Today it’s something we all take for granted. In fact, technology has evolved to the point that this particular activity takes place automatically so as to be undetected. It also happens to be the first successful computer to computer transmission that took place and occurred in 1969. The message was ‘Login’ and it was sent from UCLA to Stanford by research scientists with the Advanced Research Projects Agency, the predecessor agency to DARPA now heavily funded by the Department of Defense. Today, every minute approximately 2.8Mn emails are transmitted, 76,000 Google searches are made and 76,000 GB of internet traffic occurs. Those words and their transmission sparked a global revolution in technology now largely driving the Fourth Industrial Revolution.

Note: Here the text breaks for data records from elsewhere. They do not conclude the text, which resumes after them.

-- ===== src/Cli/Prepared.antt =====
-- About `prepare-task` and `verify-task` of crates/pocomp-cli/src/main.rs.
use verification_tooling.Prelude.{
  [], true, Bytes, Text, Option, some, ◌≡◌, ◌↔◌, arith, ok, result_cases, inl, inr,
}
use verification_tooling.BTreeMap
use verification_tooling.BTreeMap.Laws.{IsSorted}
use verification_tooling.Types.Audit.{TaskRelationInput, RelationOutcome}
use verification_tooling.Primitives.{Primitives}
use verification_tooling.Relation.Task.{sampled_zktorch_statements, evaluate_task_relation}
use verification_tooling.Relation.Task.Laws.{sampled_zktorch_statements-evaluate_task_relation}
use verification_tooling.Verifier.{SerdeJson, VerifyRequest, Exchange}
use verification_tooling.Cli.{prepare_task, verify_task, task_input, relation_outcome}
use verification_tooling.Cli.Main.{run_prepare_task, cli_main}

module _ (x : Primitives) (decode : Text → Option Bytes) (json : SerdeJson)
    (exchange : Text → VerifyRequest → Exchange) where
  -- For a Task input whose sampled statements are a map in key order, and where the output can be
  -- written, preparing the input without its statements gives exactly this input if and only if
  -- verifying this input succeeds: the command prepare-task prepares exactly the inputs that the
  -- command verify-task accepts.
  pub prepare_task_iff :
      (t : TaskRelationInput)
      → IsSorted (BTreeMap.keys t.sampled_statements)
      → (cli_main x decode true json exchange
            (prepare_task (some (record t { sampled_statements = [] })))
          ≡ ok (task_input t))
        ↔ ((o : RelationOutcome) × (cli_main x decode true json exchange (verify_task (some t))
              ≡ ok (relation_outcome o)))
  unfolding cli_main run_prepare_task
  prepare_task_iff t sorted = (forward, backward)
    where
      forward :
          cli_main x decode true json exchange
              (prepare_task (some (record t { sampled_statements = [] })))
            ≡ ok (task_input t)
          → (o : RelationOutcome) × (cli_main x decode true json exchange (verify_task (some t))
              ≡ ok (relation_outcome o))
      forward h =
          elim (result_cases (sampled_zktorch_statements x t.policy t.epoch t.program t.leaves)) [
            | inr (e, failed) ↦ absurd (ground arith)
            | inl (statements, derived) ↦
                elim (result_cases
                  (evaluate_task_relation x (record t { sampled_statements = statements }))) [
                    | inr (e, failed) ↦ absurd (ground arith)
                    | inl (o, accepted) ↦ (o, ground (arith, h, derived, accepted))
                  ]
          ]

      backward :
          ((o : RelationOutcome) × (cli_main x decode true json exchange (verify_task (some t))
              ≡ ok (relation_outcome o)))
          → cli_main x decode true json exchange
              (prepare_task (some (record t { sampled_statements = [] })))
            ≡ ok (task_input t)
      backward (o, h) = elim (result_cases (evaluate_task_relation x t)) [
        | inr (e, failed) ↦ absurd (ground arith)
        | inl (found, accepted) ↦ ground (
          arith,
          sampled_zktorch_statements-evaluate_task_relation x t found sorted accepted,
          accepted,
        )
      ]
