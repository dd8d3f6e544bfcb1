-- ===== src/Commitment/Separation.antt =====
-- About `domain_hash` of crates/pocomp-protocol/src/commitment.rs: the injectivity of its message.
use verification_tooling.Prelude.{
  ◌^◌, ◌<◌, ◌++◌, ◌≡◌, refl, sym, ap, ◌∙◌, ◌≢◌, ◌⊎◌, inl, inr, Bytes, bytes_dec, length,
  append-injective, arith,
}
use verification_tooling.Types.Records.{Hash32}
use verification_tooling.Primitives.{Primitives}
use verification_tooling.Commitment.{
  hash_domain, domain_message, domain_hash, commitment, commitment_domain,
}
use verification_tooling.Commitment.Encoding.{be_bytes, length-be_bytes, be_bytes-injective}

-- Two messages with one hash.
abbrev pub Collision : Primitives → Type 0
Collision x = (a : Bytes) × (b : Bytes) × (a ≢ b) × (x.sha256 a ≡ x.sha256 b)

-- A length prefix and its contents, before more.
pub prefixed-injective :
    (d e u v : Bytes)
    → length d < 256 ^ 8
    → length e < 256 ^ 8
    → be_bytes 8 (length d) ++ (d ++ u) ≡ be_bytes 8 (length e) ++ (e ++ v)
    → (d ≡ e) × (u ≡ v)
prefixed-injective d e u v hd he h =
    let widths = length-be_bytes 8 (length d) ∙ sym (length-be_bytes 8 (length e)) in
    let split = append-injective _ (d ++ u) _ (e ++ v) widths h in
    append-injective d u e v (be_bytes-injective 8 _ _ hd he split.0) split.1

domain_message-injective :
    (d p e q : Bytes)
    → length d < 2 ^ 64
    → length e < 2 ^ 64
    → length p < 2 ^ 64
    → length q < 2 ^ 64
    → domain_message d p ≡ domain_message e q
    → (d ≡ e) × (p ≡ q)
unfolding domain_message
domain_message-injective d p e q hd he hp hq h =
    let outer =
      prefixed-injective d e _ _ hd he (append-injective hash_domain _ hash_domain _ refl h).1 in
    let widths = length-be_bytes 8 (length p) ∙ sym (length-be_bytes 8 (length q)) in
    (outer.0, (append-injective _ p _ q widths outer.1).1)

-- Equal hashes of domains and payloads below 2^64 bytes come from equal domains and equal
-- payloads, or two different messages with one SHA-256 hash exist.
pub domain_hash-injective :
    (x : Primitives) (d p e q : Bytes)
    → length d < 2 ^ 64
    → length e < 2 ^ 64
    → length p < 2 ^ 64
    → length q < 2 ^ 64
    → domain_hash x d p ≡ domain_hash x e q
    → ((d ≡ e) × (p ≡ q)) ⊎ Collision x
unfolding domain_hash
domain_hash-injective x d p e q hd he hp hq h =
    elim (bytes_dec (domain_message d p) (domain_message e q)) [
      | yes same ↦ inl (domain_message-injective d p e q hd he hp hq same)
      | no differ ↦
          inr (domain_message d p, domain_message e q, differ, ap (λ (k : Hash32). k.bytes) h)
    ]

-- The same for the commitments to two values, by their encodings.
pub commitment-injective {ℓ} :
    {T : Type ℓ} (x : Primitives) (encode : T → Bytes) (s t : T)
    → length (encode s) < 2 ^ 64
    → length (encode t) < 2 ^ 64
    → commitment x encode s ≡ commitment x encode t
    → (encode s ≡ encode t) ⊎ Collision x
unfolding commitment commitment_domain
commitment-injective x encode s t hs ht h =
    elim (domain_hash-injective x commitment_domain (encode s) commitment_domain (encode t)
      (omega arith) (omega arith) hs ht h) [ inl (d, same) ↦ inl same | inr c ↦ inr c ]
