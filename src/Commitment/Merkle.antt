-- ===== src/Commitment/Merkle.antt =====
-- About the loop of the gateway's Merkle root, crates/pocomp-protocol/src/commitment.rs.
use verification_tooling.Prelude.{
  ℕ, zero, suc, ◌+◌, ◌*◌, ◌%◌, ◌≤◌, ◌<◌, List, [], ◌∷◌, map, ◌≡◌, refl, ◌≢◌, arith, length,
  length-map,
}
use verification_tooling.Types.Records.{Hash32, GatewayLeaf}
use verification_tooling.Primitives.{Primitives}
use verification_tooling.Commitment.{first, leaf_hash, next_level, merkle_loop, gateway_root}

module _ (x : Primitives) where
  pub length-next_level :
      (level : List Hash32) → length (next_level x level) * 2 ≡ length level + length level % 2
  unfolding next_level
  length-next_level [] = omega arith
  length-next_level (a ∷ []) = omega arith
  length-next_level (a ∷ b ∷ rest) = omega (arith, length-next_level rest)

  -- Rounds as many as there are nodes leave a single one.
  merkle_loop_ends :
      (fuel : ℕ) (level : List Hash32)
      → 0 < length level
      → length level ≤ fuel
      → length (merkle_loop x fuel level) ≡ 1
  unfolding merkle_loop
  merkle_loop_ends zero level pos fits = omega arith
  merkle_loop_ends (suc fuel) level pos fits =
      ground (arith, length-next_level level, merkle_loop_ends fuel (next_level x level))

  -- More fuel than that changes nothing.
  pub merkle_loop_fuel :
      (f g : ℕ) (level : List Hash32)
      → 0 < length level
      → length level ≤ f
      → length level ≤ g
      → merkle_loop x f level ≡ merkle_loop x g level
  unfolding merkle_loop
  merkle_loop_fuel zero g level pos hf hg = absurd (omega arith)
  merkle_loop_fuel (suc f) zero level pos hf hg = absurd (omega arith)
  merkle_loop_fuel (suc f) (suc g) level pos hf hg =
      ground (arith, length-next_level level, merkle_loop_fuel f g (next_level x level))

  -- For one leaf or more, as many rounds of the Merkle loop as there are leaves end with exactly
  -- one node, and that node is the root.
  pub gateway_root-merkle_loop :
      (leaves : List GatewayLeaf)
      → leaves ≢ []
      → merkle_loop x (length leaves) (map (leaf_hash x) leaves) ≡ gateway_root x leaves ∷ []
  unfolding gateway_root first
  gateway_root-merkle_loop [] h = absurd (h refl)
  gateway_root-merkle_loop (leaf ∷ leaves) h = ground (
    arith,
    merkle_loop_ends (length (leaf ∷ leaves)) (map (leaf_hash x) (leaf ∷ leaves)),
    length-map (leaf_hash x) leaves,
  )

The introduction of the computer and the communications technology that followed has created enormous prosperity and radically reconfigured business, government and life for billions. These new businesses have created many of the Industries of the Future. Industry of the Future are defined as those that are either in its early or growth stages. Criteria that would qualify an industry include those that have new rules and regulations are still being developed, the rate and pace of new entrants is above average, new products and services are constantly being introduced and widespread consolidation has yet to occur. Specific examples of Industries of the Future are blockchain, Internet of Things, Cannabis, Machine Learning and Artificial Intelligence, cyber-security and crypto-currency. (For a full list of Industries of the Future please click here)
Many of the Industries of the Future are being developed because of the introduction of new technologies, but not all. Blockchain is being developed on a decentralized ledger system, cannabis is being legalized creating new businesses and machine learning is coming into existence largely due to an exponential increase in computing power. The businesses and the industries themselves remain in the early and developmental stage. A unique dynamic has opened and has created a ‘Wild West’ feel with an influx of new capital, enterprising entrepreneurs and lagging regulation. The risk remains quite high and the failure rate above normal in comparison to more developed and mature industries.
Reliable and repeatable practices remain in flux with new processes, procedures and practices constantly being introduced. These situations can in and among themselves be the competitive advantage. Rapidly prototyping, developing and introducing new products that are in turn available to a global audience of billions can take place in the span of minutes.
These new spaces of possibilities present reconfigured and all-together different situations than those experienced during previous industrial revolutions. From the constitution of a business to the sales process to the production of new offers, products, services and business models – business concerns take on new meaning. For instance, the sales process – once a high-touch exercise – has moved onto the internet leaving sales professionals redesigning how this new tool, never before used by humans in this capacity, is utilized.
Finding superior help in an environment of global competitors that’s high paced and largely driven by knowledge and computers becomes challenging. How do you assess help when operating in an entirely reconfigured and new marketplace? Who do you trust and how do you trust them?
Peer connectivity becomes an increasingly valuable resource in this environment. Learning, designing and collaborating with others who find themselves in similar situations – competing, taking care of business concerns, leading, selling – becomes one of the most cost effective, efficient and competitive strategies to employ. The peer-to-peer collaboration model opens new possibilities to assess the marketplace, design offers and build identities that employees and investors trust.
The value of peer-to-peer collaborations is in their inherent ability to provide real-time feedback from current situations. The textbooks haven’t been written yet for the Industries of the Future and as such there’s no playbook to use. Imagine being the CEO of a leading company utilizing new technology and one or more of the systems to run the business – such as marketing or human resources or accounting – uses outdated practices. This will quickly turn into a threat. Collaborating with senior leaders tackling similar challenges could uncover this threat and turn it into an opportunity with real competitive advantage.
As new practices and processes are implemented the opportunity opens to remain in collaboration with peers to constantly improve. Facilitated collaboration opens new possibilities to move quickly, remain competitive and fulfill ambitions in the top of the marketplace. This would include sharing best practices, exploring joint ventures, gaining access to valuable resources and solving those big challenges that so often prevent business objectives from being fulfilled.
During the Third Industrial Revolution (IR3), working alone and being determined in a secure job for the majority of ones’ career was the norm. With new technologies and business being built on the foundation of a global internet, those career concerns have been reconfigured. In the Fourth Industrial Revolution (IR4) which we find ourselves in the midst of today, business concerns such as sales, finance and marketing still exist yet the practices used to take care of them have changed, in some cases radically. New configurations and collaborations are required to survive, be free and live a good life.